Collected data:
################

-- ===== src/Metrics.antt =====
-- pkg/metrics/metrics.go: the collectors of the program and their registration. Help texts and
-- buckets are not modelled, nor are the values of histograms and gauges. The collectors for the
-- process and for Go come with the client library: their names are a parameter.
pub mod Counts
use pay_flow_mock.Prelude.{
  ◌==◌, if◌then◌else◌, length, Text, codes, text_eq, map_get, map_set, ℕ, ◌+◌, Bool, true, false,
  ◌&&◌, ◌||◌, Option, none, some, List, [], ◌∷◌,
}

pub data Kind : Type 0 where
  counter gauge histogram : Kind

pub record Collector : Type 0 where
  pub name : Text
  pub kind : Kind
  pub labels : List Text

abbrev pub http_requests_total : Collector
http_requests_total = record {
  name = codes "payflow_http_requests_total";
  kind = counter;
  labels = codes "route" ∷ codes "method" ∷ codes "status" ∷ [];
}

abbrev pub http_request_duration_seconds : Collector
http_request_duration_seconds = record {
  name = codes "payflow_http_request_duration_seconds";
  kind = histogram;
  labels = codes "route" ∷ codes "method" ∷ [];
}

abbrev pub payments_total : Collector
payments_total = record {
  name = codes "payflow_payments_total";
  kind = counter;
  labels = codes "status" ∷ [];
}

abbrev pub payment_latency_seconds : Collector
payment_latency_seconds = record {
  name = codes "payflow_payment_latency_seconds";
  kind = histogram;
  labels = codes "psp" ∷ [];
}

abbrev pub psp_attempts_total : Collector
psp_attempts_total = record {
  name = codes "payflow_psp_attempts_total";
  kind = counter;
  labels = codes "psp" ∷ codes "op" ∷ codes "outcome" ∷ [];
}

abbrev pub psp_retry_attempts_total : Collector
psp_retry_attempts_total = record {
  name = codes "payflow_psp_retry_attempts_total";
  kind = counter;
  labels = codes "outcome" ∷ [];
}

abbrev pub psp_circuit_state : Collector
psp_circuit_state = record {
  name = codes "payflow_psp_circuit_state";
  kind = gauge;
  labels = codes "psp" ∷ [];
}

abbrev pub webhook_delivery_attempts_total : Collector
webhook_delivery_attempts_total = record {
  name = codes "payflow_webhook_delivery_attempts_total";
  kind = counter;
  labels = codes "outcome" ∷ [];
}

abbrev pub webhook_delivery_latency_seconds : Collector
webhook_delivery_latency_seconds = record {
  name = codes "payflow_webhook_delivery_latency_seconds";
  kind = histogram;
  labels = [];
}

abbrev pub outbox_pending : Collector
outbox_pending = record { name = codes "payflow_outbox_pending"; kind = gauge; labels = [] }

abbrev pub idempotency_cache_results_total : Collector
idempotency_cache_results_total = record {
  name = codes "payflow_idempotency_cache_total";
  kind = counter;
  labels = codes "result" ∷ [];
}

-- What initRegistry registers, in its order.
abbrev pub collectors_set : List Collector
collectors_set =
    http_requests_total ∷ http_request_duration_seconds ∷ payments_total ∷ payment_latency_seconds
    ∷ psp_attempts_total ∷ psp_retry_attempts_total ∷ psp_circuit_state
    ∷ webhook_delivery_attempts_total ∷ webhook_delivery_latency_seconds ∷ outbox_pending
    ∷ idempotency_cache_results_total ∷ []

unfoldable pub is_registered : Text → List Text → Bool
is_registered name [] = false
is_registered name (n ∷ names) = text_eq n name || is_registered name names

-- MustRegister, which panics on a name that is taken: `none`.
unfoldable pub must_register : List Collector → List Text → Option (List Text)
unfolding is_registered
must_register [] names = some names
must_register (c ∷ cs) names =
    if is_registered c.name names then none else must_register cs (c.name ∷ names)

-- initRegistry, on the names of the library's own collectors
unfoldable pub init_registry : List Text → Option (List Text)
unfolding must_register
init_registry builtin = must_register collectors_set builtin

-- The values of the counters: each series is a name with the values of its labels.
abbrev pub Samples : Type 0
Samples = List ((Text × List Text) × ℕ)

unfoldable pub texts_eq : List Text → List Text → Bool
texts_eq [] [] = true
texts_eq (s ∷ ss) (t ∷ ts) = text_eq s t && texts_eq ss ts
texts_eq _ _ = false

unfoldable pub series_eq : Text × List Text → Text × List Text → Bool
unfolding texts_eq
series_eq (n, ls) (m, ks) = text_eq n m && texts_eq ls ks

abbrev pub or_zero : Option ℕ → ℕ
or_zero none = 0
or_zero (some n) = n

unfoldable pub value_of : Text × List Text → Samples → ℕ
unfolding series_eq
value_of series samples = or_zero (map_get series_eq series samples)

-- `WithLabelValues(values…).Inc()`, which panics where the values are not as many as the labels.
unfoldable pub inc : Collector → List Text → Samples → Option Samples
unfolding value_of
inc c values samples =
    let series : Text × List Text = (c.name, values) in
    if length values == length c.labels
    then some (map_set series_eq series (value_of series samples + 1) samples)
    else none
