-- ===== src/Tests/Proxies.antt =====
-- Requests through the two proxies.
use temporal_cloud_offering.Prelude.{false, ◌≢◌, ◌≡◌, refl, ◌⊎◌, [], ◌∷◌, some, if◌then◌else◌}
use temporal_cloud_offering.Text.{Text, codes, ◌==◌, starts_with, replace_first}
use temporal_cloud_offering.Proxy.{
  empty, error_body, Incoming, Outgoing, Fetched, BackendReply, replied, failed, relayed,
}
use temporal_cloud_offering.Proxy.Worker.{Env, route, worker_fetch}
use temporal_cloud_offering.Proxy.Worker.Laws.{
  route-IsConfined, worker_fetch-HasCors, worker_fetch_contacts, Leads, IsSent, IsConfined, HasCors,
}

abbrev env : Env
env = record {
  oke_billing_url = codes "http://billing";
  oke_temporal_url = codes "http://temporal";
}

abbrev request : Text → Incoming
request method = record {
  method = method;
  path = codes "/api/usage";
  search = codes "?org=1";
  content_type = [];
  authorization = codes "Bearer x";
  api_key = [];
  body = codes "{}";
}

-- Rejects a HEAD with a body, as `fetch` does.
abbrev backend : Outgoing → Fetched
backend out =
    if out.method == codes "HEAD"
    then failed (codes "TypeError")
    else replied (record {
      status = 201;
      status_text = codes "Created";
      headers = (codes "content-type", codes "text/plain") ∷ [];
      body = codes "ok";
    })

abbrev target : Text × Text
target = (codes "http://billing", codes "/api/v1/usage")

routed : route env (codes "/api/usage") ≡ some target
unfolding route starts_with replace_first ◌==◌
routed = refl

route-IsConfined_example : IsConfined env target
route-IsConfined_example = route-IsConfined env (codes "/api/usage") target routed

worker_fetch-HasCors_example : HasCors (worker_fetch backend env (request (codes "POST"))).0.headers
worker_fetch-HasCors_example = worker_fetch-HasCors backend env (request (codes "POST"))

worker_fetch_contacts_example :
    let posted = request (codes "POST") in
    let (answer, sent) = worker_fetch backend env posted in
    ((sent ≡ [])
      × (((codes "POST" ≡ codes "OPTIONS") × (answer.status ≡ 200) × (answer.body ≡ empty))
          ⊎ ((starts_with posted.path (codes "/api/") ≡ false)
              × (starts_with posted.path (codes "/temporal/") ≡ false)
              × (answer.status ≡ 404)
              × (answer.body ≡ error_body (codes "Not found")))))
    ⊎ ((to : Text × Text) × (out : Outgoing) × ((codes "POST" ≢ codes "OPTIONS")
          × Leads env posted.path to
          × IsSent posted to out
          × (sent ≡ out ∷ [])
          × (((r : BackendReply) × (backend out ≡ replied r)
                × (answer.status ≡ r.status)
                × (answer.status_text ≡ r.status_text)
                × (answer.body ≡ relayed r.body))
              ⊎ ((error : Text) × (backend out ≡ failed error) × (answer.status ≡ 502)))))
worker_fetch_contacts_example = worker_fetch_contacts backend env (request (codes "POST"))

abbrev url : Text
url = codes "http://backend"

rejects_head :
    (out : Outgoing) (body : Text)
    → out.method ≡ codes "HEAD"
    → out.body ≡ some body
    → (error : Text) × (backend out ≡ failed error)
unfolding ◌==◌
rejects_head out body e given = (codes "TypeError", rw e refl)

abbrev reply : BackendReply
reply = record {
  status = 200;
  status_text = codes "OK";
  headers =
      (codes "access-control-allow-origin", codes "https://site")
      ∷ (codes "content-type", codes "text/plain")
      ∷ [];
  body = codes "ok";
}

################

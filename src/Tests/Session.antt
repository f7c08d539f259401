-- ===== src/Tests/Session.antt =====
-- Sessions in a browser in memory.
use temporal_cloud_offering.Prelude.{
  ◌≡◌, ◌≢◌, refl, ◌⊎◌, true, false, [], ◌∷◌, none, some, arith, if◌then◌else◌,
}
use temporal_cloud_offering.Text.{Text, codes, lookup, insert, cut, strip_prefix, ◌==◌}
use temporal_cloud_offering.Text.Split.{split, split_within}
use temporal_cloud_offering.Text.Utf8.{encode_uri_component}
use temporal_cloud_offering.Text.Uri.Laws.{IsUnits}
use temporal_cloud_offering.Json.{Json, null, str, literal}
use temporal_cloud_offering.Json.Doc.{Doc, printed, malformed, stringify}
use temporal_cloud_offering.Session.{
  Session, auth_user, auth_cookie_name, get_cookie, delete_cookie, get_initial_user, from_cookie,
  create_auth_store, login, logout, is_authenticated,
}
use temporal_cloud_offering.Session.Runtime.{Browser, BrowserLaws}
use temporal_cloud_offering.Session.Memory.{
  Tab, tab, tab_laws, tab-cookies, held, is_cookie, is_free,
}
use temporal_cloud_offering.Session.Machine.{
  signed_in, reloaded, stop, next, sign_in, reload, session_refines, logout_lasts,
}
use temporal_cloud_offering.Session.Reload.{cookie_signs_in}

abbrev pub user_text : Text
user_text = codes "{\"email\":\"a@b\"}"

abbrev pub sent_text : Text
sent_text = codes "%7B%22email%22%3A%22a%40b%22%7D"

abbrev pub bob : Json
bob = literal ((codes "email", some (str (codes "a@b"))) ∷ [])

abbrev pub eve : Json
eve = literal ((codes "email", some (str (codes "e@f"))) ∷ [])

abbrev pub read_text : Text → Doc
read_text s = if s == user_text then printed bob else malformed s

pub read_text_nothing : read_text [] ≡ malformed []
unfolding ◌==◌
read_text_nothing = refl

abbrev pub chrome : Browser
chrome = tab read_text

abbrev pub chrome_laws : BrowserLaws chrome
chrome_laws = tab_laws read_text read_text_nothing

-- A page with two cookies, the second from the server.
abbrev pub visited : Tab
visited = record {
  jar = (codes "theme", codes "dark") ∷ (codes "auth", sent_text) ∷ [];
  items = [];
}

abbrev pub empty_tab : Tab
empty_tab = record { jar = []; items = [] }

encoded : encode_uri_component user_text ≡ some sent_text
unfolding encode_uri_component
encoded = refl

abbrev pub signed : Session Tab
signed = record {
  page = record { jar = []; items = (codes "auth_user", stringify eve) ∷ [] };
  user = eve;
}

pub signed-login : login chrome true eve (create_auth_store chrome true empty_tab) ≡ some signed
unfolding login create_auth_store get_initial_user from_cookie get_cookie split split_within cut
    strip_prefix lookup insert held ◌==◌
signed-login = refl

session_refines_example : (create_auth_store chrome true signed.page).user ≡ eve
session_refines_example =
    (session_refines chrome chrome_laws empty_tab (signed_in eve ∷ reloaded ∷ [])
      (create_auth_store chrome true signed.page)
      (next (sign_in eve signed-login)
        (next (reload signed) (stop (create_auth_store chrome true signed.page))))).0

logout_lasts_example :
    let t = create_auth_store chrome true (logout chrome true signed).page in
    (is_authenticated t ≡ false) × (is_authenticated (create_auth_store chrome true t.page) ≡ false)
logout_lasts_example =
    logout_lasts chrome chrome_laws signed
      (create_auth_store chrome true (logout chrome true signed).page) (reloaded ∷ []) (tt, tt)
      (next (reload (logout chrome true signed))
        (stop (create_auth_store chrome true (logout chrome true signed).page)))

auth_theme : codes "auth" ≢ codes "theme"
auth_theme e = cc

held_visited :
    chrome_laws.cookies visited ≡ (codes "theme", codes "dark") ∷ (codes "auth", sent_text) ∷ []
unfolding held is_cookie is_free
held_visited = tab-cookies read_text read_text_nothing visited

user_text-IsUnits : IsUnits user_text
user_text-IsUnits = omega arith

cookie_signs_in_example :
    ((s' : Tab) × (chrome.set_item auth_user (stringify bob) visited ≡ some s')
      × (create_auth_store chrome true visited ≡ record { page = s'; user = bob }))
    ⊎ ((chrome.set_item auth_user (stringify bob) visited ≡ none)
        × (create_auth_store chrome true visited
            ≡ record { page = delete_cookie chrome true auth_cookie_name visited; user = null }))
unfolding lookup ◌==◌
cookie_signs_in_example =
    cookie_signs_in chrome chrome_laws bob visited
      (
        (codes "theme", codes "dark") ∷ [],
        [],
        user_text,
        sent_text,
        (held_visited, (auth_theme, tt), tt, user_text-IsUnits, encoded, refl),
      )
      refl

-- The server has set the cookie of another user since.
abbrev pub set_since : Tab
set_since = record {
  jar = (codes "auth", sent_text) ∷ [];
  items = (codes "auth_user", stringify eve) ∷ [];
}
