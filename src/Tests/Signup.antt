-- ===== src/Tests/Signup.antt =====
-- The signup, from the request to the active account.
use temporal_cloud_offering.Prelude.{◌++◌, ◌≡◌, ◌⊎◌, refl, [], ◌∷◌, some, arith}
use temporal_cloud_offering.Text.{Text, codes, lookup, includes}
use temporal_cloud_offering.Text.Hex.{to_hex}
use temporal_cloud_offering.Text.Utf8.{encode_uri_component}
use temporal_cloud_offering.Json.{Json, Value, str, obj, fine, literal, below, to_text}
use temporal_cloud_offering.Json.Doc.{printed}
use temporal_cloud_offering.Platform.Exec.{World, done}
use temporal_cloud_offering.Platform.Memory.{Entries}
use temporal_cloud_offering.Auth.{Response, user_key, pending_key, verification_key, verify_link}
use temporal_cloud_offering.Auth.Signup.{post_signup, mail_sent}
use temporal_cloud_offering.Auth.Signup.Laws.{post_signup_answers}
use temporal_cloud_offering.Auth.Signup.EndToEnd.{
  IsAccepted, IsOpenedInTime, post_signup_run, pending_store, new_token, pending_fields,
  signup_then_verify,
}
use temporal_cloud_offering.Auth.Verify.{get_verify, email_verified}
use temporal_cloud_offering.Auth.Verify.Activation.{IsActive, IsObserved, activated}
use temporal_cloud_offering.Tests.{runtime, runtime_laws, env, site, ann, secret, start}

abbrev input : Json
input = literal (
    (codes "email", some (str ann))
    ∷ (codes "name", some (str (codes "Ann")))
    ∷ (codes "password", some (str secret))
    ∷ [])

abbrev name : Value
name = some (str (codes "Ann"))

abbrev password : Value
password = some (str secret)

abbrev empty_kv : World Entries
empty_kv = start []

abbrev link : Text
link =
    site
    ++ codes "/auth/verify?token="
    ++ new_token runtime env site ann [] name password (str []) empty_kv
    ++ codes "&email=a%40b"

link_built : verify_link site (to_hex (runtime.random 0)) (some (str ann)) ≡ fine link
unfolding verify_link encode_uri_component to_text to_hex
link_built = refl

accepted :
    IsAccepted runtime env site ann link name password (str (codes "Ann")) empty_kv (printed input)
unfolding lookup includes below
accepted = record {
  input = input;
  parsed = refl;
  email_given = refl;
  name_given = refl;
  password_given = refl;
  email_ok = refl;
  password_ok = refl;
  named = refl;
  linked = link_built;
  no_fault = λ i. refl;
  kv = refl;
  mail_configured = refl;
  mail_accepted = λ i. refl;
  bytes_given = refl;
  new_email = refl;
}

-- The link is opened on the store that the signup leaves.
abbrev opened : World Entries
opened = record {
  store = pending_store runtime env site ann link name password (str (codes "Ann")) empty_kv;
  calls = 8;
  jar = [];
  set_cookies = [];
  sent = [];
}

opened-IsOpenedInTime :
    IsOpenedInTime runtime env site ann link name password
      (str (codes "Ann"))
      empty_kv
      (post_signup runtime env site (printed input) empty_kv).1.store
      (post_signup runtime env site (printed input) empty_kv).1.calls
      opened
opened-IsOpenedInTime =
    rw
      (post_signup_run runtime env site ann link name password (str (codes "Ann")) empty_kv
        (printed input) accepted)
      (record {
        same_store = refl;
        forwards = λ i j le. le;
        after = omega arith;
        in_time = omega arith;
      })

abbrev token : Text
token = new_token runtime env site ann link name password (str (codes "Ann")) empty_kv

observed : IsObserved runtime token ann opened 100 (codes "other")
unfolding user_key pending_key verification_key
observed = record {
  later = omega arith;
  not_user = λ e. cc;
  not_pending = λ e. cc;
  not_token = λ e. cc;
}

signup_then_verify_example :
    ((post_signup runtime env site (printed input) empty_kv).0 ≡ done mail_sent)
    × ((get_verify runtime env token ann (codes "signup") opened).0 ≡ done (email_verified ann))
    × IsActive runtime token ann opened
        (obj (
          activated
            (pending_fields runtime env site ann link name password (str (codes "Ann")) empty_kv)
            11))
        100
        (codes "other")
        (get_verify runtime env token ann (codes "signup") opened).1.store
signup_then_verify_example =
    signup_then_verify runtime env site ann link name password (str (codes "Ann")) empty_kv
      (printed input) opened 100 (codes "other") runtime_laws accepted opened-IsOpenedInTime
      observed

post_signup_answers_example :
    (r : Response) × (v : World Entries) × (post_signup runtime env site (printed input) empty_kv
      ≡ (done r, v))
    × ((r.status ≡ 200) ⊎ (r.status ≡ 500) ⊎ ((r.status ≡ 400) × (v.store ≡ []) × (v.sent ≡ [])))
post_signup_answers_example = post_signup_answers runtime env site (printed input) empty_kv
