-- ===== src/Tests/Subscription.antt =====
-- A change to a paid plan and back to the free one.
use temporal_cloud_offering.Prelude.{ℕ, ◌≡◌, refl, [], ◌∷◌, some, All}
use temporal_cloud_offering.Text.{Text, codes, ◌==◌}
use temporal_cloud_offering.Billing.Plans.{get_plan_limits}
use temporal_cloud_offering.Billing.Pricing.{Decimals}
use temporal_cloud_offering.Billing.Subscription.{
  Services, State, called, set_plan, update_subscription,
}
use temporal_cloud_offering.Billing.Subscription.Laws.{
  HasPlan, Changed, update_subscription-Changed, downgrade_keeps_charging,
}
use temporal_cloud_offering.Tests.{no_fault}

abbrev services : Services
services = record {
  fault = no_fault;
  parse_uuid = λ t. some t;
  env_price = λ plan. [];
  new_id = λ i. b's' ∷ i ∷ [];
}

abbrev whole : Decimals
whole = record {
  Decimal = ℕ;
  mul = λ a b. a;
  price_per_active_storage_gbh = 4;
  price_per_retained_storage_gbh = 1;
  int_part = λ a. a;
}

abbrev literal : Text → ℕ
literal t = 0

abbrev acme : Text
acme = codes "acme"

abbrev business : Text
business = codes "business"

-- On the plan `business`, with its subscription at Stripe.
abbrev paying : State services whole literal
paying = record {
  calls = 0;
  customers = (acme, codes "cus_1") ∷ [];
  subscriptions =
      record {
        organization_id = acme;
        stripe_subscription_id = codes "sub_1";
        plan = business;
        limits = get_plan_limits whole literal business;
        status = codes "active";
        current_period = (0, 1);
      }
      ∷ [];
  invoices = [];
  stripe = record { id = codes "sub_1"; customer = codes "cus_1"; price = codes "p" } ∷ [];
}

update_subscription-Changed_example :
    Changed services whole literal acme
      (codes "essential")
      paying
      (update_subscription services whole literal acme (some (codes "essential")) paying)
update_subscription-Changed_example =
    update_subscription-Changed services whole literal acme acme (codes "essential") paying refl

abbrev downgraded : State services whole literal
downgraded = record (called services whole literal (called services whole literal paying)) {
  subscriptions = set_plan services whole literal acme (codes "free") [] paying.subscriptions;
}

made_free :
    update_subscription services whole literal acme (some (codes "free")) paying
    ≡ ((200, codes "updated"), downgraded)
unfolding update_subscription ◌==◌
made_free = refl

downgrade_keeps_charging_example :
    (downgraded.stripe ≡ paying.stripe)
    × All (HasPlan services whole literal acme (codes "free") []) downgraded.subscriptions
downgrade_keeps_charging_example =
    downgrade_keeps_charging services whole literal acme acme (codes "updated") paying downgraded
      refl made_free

################

### Task
Say how many lines in the records include the string "else", giving the figure by itself.

### The completed task
7